Instructions for the task :: Among the entries below, take the line with "qty = min leaves" and the line with "abbrev reduced : ℕ", and output them and every line between them exactly, with nothing else.

Extracted records ::
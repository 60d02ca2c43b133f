-- ===== src/Exchange/OrderBook/Examples.antt =====
-- Runs of the exchange's order book on a small pool, and the theorems about it at these.
use zquant_system.Prelude.{ℕ, ◌≡◌, refl, true, none, some, [], ◌∷◌, arith, map}
use zquant_system.Prelude.Int.{pos}
use zquant_system.Common.Types.{Side, ClientId, OrderId, Price, Qty}
use zquant_system.Common.Fault.{
  Result, ok, err, out_of_range, Cmd, Outcome, returned, AnyFault, IsFault,
}
use zquant_system.Common.MemPool.{
  MemPool, allocate, deallocate, find_free, update_next_free_index, next_index,
}
use zquant_system.Messages.{MeClientResponse}
use zquant_system.Book.{OrdersAtPrice, price_to_index}
use zquant_system.Book.Levels.{
  walk, find_target, link_at, link_after, link_before, splice_before, take_over,
  add_orders_at_price, remove_orders_at_price, unlink_level, get_next_priority,
}
use zquant_system.Book.Orders.{
  set_index, unlink_order, remove_order, add_first_order, append_order, add_order,
}
use zquant_system.Exchange.OrderBook.{
  MeOrderKey, MeOrder, MeOrderBook, index_write, send_client_response, send_market_update,
  generate_new_market_order_id, match_order, match_loop, check_for_match, rest_order, add,
  find_order, cancel_order, cancel,
}
use zquant_system.Exchange.OrderBook.Index.{IsIndexed}
use zquant_system.Exchange.OrderBook.IndexKept.{add-IsIndexed, cancel-IsIndexed}
use zquant_system.Exchange.OrderBook.Cancel.{
  rejected, cancel_crashes, Canceled, cancel-Canceled, cancel_twice,
}
use zquant_system.Exchange.OrderBook.Cancel.Answer.{Answered, cancel-Answered}

abbrev no_key : MeOrderKey
no_key = record { ticker_id = 0; client_id = 0; client_order_id = 0; market_order_id = 0 }

abbrev no_order : MeOrder
no_order = record {
  key = no_key;
  side = Side.invalid;
  price = pos 0;
  qty = 0;
  priority = 0;
  prev_order = none;
  next_order = none;
}

abbrev no_level : OrdersAtPrice
no_level = record {
  side = Side.invalid;
  price = pos 0;
  first_order = none;
  prev_entry = none;
  next_entry = none;
}

abbrev empty_pool : {T : Type 0} → T → ℕ → MemPool T
empty_pool x n = record {
  store = λ i. record { object = x; is_free = true };
  size = n;
  next_free_index = 0;
}

abbrev empty_book : MeOrderBook
empty_book = record {
  ticker_id = 0;
  book = record {
    orders_at_price_pool = empty_pool no_level 8;
    order_pool = empty_pool no_order 8;
    bids_by_price = none;
    asks_by_price = none;
    price_orders_at_price = λ i. none;
    order_index = λ c o. none;
  };
  next_market_order_id = 1;
  client_responses = [];
  market_updates = [];
}

state_of : {A S : Type 0} → S → Result (A × S) → S
state_of s (ok (a, t)) = t
state_of s (err e) = s

-- Everything that a run computes with.
running : ℕ
unfolding add cancel generate_new_market_order_id send_client_response send_market_update
    check_for_match match_loop match_order rest_order cancel_order find_order index_write
    get_next_priority allocate deallocate update_next_free_index find_free next_index add_order
    add_first_order append_order set_index unlink_order remove_order add_orders_at_price
    remove_orders_at_price unlink_level link_at link_after link_before splice_before take_over
    find_target walk price_to_index state_of
running = 0

-- Client 1 offers 5 at 100 as its order 7, then 4 at 99 as its order 8.
offer_at : OrderId → Price → Qty → Cmd MeOrderBook (Unit {0})
offer_at id price qty = add 1 id 0 Side.sell price qty

one_offer : MeOrderBook
unfolding running offer_at
one_offer = state_of empty_book (offer_at 7 (pos 100) 5 empty_book)

two_offers : MeOrderBook
unfolding running offer_at one_offer
two_offers = state_of empty_book (offer_at 8 (pos 99) 4 one_offer)

summary : MeClientResponse → ClientId × OrderId × Qty × Qty
summary r = (r.client_id, r.client_order_id, r.exec_qty, r.leaves_qty)

-- A buy of 6 at 100 takes the 4 at 99 first, then 2 at 100.
fills_of_buy :
    map summary (state_of two_offers (add 2 1 0 Side.buy (pos 100) 6 two_offers)).client_responses
    ≡ (1, 7, 0, 5)
      ∷ (1, 8, 0, 4)
      ∷ (2, 1, 0, 6)
      ∷ (2, 1, 4, 2)
      ∷ (1, 8, 4, 0)
      ∷ (2, 1, 2, 0)
      ∷ (1, 7, 2, 3)
      ∷ []
unfolding running two_offers summary
fills_of_buy = refl

empty-IsIndexed : IsIndexed empty_book.book
empty-IsIndexed c o p e = cc

one_offer-returns : offer_at 7 (pos 100) 5 empty_book ≡ ok (tt, one_offer)
unfolding running offer_at one_offer
one_offer-returns = refl

one_offer-IsIndexed : IsIndexed one_offer.book
unfolding offer_at
one_offer-IsIndexed =
    returned (add-IsIndexed 1 7 0 Side.sell (pos 100) 5 empty_book empty-IsIndexed)
      one_offer-returns

known : one_offer.book.order_index 1 7 ≡ some 0
unfolding running one_offer offer_at
known = refl

add-IsIndexed_example :
    Outcome AnyFault (λ _ t. IsIndexed t.book) (add 2 1 0 Side.buy (pos 100) 6 one_offer)
add-IsIndexed_example = add-IsIndexed 2 1 0 Side.buy (pos 100) 6 one_offer one_offer-IsIndexed

cancel-IsIndexed_example : Outcome AnyFault (λ _ t. IsIndexed t.book) (cancel 1 7 0 one_offer)
cancel-IsIndexed_example = cancel-IsIndexed 1 7 0 one_offer one_offer-IsIndexed

cancel-Answered_example :
    Outcome IsFault (λ _ t. Answered 1 7 0 one_offer t) (cancel 1 7 0 one_offer)
cancel-Answered_example = cancel-Answered 1 7 0 one_offer one_offer-IsIndexed

cancel_crashes_example : cancel 1 2000000 0 one_offer ≡ err out_of_range
cancel_crashes_example = cancel_crashes 1 2000000 0 one_offer (omega arith) (omega arith)

cancel-Canceled_example :
    Outcome IsFault
      (λ _ t. Canceled 1 7 0 one_offer 0 one_offer-IsIndexed known t)
      (cancel 1 7 0 one_offer)
cancel-Canceled_example = cancel-Canceled 1 7 0 one_offer 0 one_offer-IsIndexed known

canceled : MeOrderBook
unfolding running one_offer offer_at
canceled = state_of one_offer (cancel 1 7 0 one_offer)

canceled-returns : cancel 1 7 0 one_offer ≡ ok (tt, canceled)
unfolding running canceled
canceled-returns = refl

cancel_twice_example : cancel 1 7 0 canceled ≡ ok (tt, rejected 1 7 0 canceled)
cancel_twice_example =
    cancel_twice 1 7 0 0 one_offer canceled 0 one_offer-IsIndexed known canceled-returns
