-- ===== src/Exchange/OrderBook/PriceTime.antt =====
-- exchange/matcher/me_order_book.cpp, match(): one execution against the first order in price-time
-- order, on the lists of orders that the book stands for.
use zquant_system.Prelude.{
  ℕ, ◌-◌, min, ◌≡◌, ◌≢◌, refl, sym, ◌∙◌, ap, inl, inr, true, false, not, ◌&&◌, some, none, List,
  ◌∷◌, ◌++◌, arith, ltb, update₂, ◌==◌, Bool-cases, if◌then◌else◌,
}
use zquant_system.Common.Types.{
  TickerId, ClientId, OrderId, Qty, Side, is_buy, me_max_num_clients, me_max_order_ids,
}
use zquant_system.Common.Fault.{Outcome, NoFault, returns, bind}
use zquant_system.Book.{Book, order_at, write_order}
use zquant_system.Book.Orders.{remove_order}
use zquant_system.Book.Ring.{has, erase}
use zquant_system.Book.Ladder.Sorted.{is_traded}
use zquant_system.Book.View.{View, Represents, ladder, orders}
use zquant_system.Book.View.Requeue.{one_level}
use zquant_system.Book.View.Relevel.{off_side}
use zquant_system.Book.View.Flatten.{has-concat_map, erase-absent, erase_first}
use zquant_system.Book.View.Shape.{SameOrder, SameOrder-trans, SameShape, Represents-shape}
use zquant_system.Book.View.RemoveOrder.{remove_order-erase}
use zquant_system.Exchange.OrderBook.Frame.{on_book-OnBook, append_twice}
use zquant_system.Exchange.OrderBook.{
  MeOrderKey, ClientOrderHashMap, MeOrderBook, index_write, match_order, send_client_response,
  send_market_update,
}
use zquant_system.Exchange.OrderBook.MatchOrder.{Fill, fill_responses}

-- An execution against the order `order`.
pub record Execution : Type 0 where
  pub order : ℕ
  pub qty : Qty
  pub leaves : Qty

abbrev pub fill_of : Book MeOrderKey ClientOrderHashMap → Execution → Fill
fill_of b e = record { passive = order_at e.order b; qty = e.qty; leaves = e.leaves }

-- The order's ids are in the range of the map.
abbrev pub IsFiled : Book MeOrderKey ClientOrderHashMap → ℕ → Type 0
IsFiled b p =
    (ltb (order_at p b).key.client_id me_max_num_clients
      && ltb (order_at p b).key.client_order_id me_max_order_ids)
    ≡ true

module _ {K I : Type 0} where
  -- An order of one side is not among those of the other.
  pub one_side :
      (b : Book K I) (v : View) (r : Represents b v) (s t : Side) (p : ℕ)
      → is_traded s ≡ true
      → is_traded t ≡ true
      → is_buy t ≡ not (is_buy s)
      → has p (orders s v) ≡ true
      → has p (orders t v) ≡ false
  one_side b v r s t p hs ht e m = elim (Bool-cases (has p (orders t v))) [
    | inr out ↦ out
    | inl n ↦
        let (l, hl, pl) = has-concat_map v.queue p (ladder s v) m in
        let (k, hk, pk) = has-concat_map v.queue p (ladder t v) n in
        absurd (
          ground
            (arith, off_side b v r s t k hs ht e hk, one_level b v r s t l k p hs ht hl hk pl pk))
  ]

  -- A write of the quantity of an order.
  set_qty-Represents :
      (p : ℕ) (q : Qty) (b : Book K I) (v : View)
      → Represents b v
      → Represents (write_order p (λ o. record o { qty = q }) b) v
  set_qty-Represents p q b v r = Represents-shape v b _ shape r
    where
      shape : SameShape v b (write_order p (λ o. record o { qty = q }) b)
      shape = record {
        levels = refl;
        bids = refl;
        asks = refl;
        table = refl;
        size = refl;
        next = λ i. ground arith;
        prev = λ i. ground arith;
        side = λ i. ground arith;
        price = λ i. ground arith;
        used = λ i l s t h m. ground arith;
      }

module _ (ticker_id : TickerId) (client_id : ClientId) (side : Side)
    (client_order_id market_order_id : OrderId) (passive_side : Side) where
  -- One execution against `itr`, the first of `itr ∷ ps`.
  pub record Stepped (s : MeOrderBook) (v : View) (itr : ℕ) (ps : List ℕ) (leaves left : Qty)
      (t : MeOrderBook) : Type 0 where
    pub view : View
    pub represents : Represents t.book view
    pub left_is : left ≡ leaves - min leaves (order_at itr s.book).qty
    pub orders_are : orders passive_side view ≡ (
        if (order_at itr s.book).qty - min leaves (order_at itr s.book).qty == 0
        then ps
        else itr ∷ ps)
    pub other_side :
        (z : Side)
        → is_traded z ≡ true
        → is_buy z ≡ not (is_buy passive_side)
        → orders z view ≡ orders z v
    pub same : (i : ℕ) → i ≢ itr → SameOrder i s.book t.book
    pub responses :
        t.client_responses
        ≡ s.client_responses
          ++ fill_responses ticker_id client_id side client_order_id market_order_id (
              fill_of s.book (record {
                order = itr;
                qty = min leaves (order_at itr s.book).qty;
                leaves = leaves - min leaves (order_at itr s.book).qty;
              }))

  abbrev reduced : ℕ → Qty → MeOrderBook → Book MeOrderKey ClientOrderHashMap
  reduced itr left s = write_order itr (λ o. record o { qty = left }) s.book

  same_but_one :
      (s : MeOrderBook) (itr : ℕ) (rest : Qty) (i : ℕ)
      → i ≢ itr
      → SameOrder i s.book (reduced itr rest s)
  same_but_one s itr rest i ne = ground arith

  key_same :
      (s : MeOrderBook) (itr : ℕ) (rest : Qty)
      → (order_at itr (reduced itr rest s)).key ≡ (order_at itr s.book).key
  key_same s itr rest = ground arith

  known :
      (s : MeOrderBook) (itr : ℕ) (rest : Qty)
      → IsFiled s.book itr
      → index_write (order_at itr (reduced itr rest s)).key none s.book.order_index
        ≡ some (
            update₂ s.book.order_index
              (order_at itr s.book).key.client_id
              (order_at itr s.book).key.client_order_id
              none)
  unfolding index_write
  known s itr rest filed =
      ap (λ k. index_write k none s.book.order_index) (key_same s itr rest)
      ∙ rw (filed, index_write) refl

  pub match_order-Stepped :
      (s : MeOrderBook) (v : View) (itr : ℕ) (ps : List ℕ) (leaves : Qty)
      → Represents s.book v
      → is_traded passive_side ≡ true
      → orders passive_side v ≡ itr ∷ ps
      → IsFiled s.book itr
      → Outcome NoFault
          (λ left t. Stepped s v itr ps leaves left t)
          (match_order ticker_id client_id side client_order_id market_order_id itr leaves s)
  unfolding match_order send_client_response send_market_update
  match_order-Stepped s v itr ps leaves r t first filed = elim (Bool-cases (rest == 0)) [
    | inl e ↦
        rw (e, match_order)
          (bind
            (on_book-OnBook (remove_order index_write itr) _ (
              remove_order-erase index_write itr
                (update₂ s.book.order_index (order_at itr s.book).key.client_id
                  (order_at itr s.book).key.client_order_id none)
                (reduced itr rest s) v passive_side (set_qty-Represents itr rest s.book v r) t
                (known s itr rest filed) (ap (has itr) first ∙ ground arith)))
            (λ _ u (c, same, g). returns (
              rw same (record {
                view = g.view;
                represents = g.represents;
                left_is = refl;
                orders_are =
                    g.orders_are passive_side t
                    ∙ ap (erase itr) first
                    ∙ erase_first itr ps
                    ∙ sym (rw e refl);
                other_side = λ z hz eq.
                    g.orders_are z hz
                    ∙ erase-absent itr (orders z v) (
                        one_side s.book v r passive_side z itr t hz eq
                          (ap (has itr) first ∙ ground arith));
                same = λ i ne.
                    SameOrder-trans i s.book (reduced itr rest s) c (same_but_one s itr rest i ne)
                      (g.same i);
                responses = append_twice s.client_responses _ _;
              }))))
    | inr e ↦
        rw (e, match_order)
          (returns (record {
            view = v;
            represents = set_qty-Represents itr rest s.book v r;
            left_is = refl;
            orders_are = first ∙ sym (rw e refl);
            other_side = λ z hz eq. refl;
            same = λ i ne. same_but_one s itr rest i ne;
            responses = append_twice s.client_responses _ _;
          }))
  ]
    where
      rest : Qty
      rest = (order_at itr s.book).qty - min leaves (order_at itr s.book).qty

Task solution ::
                qty = min leaves (order_at itr s.book).qty;
                leaves = leaves - min leaves (order_at itr s.book).qty;
              }))

  abbrev reduced : ℕ → Qty → MeOrderBook → Book MeOrderKey ClientOrderHashMap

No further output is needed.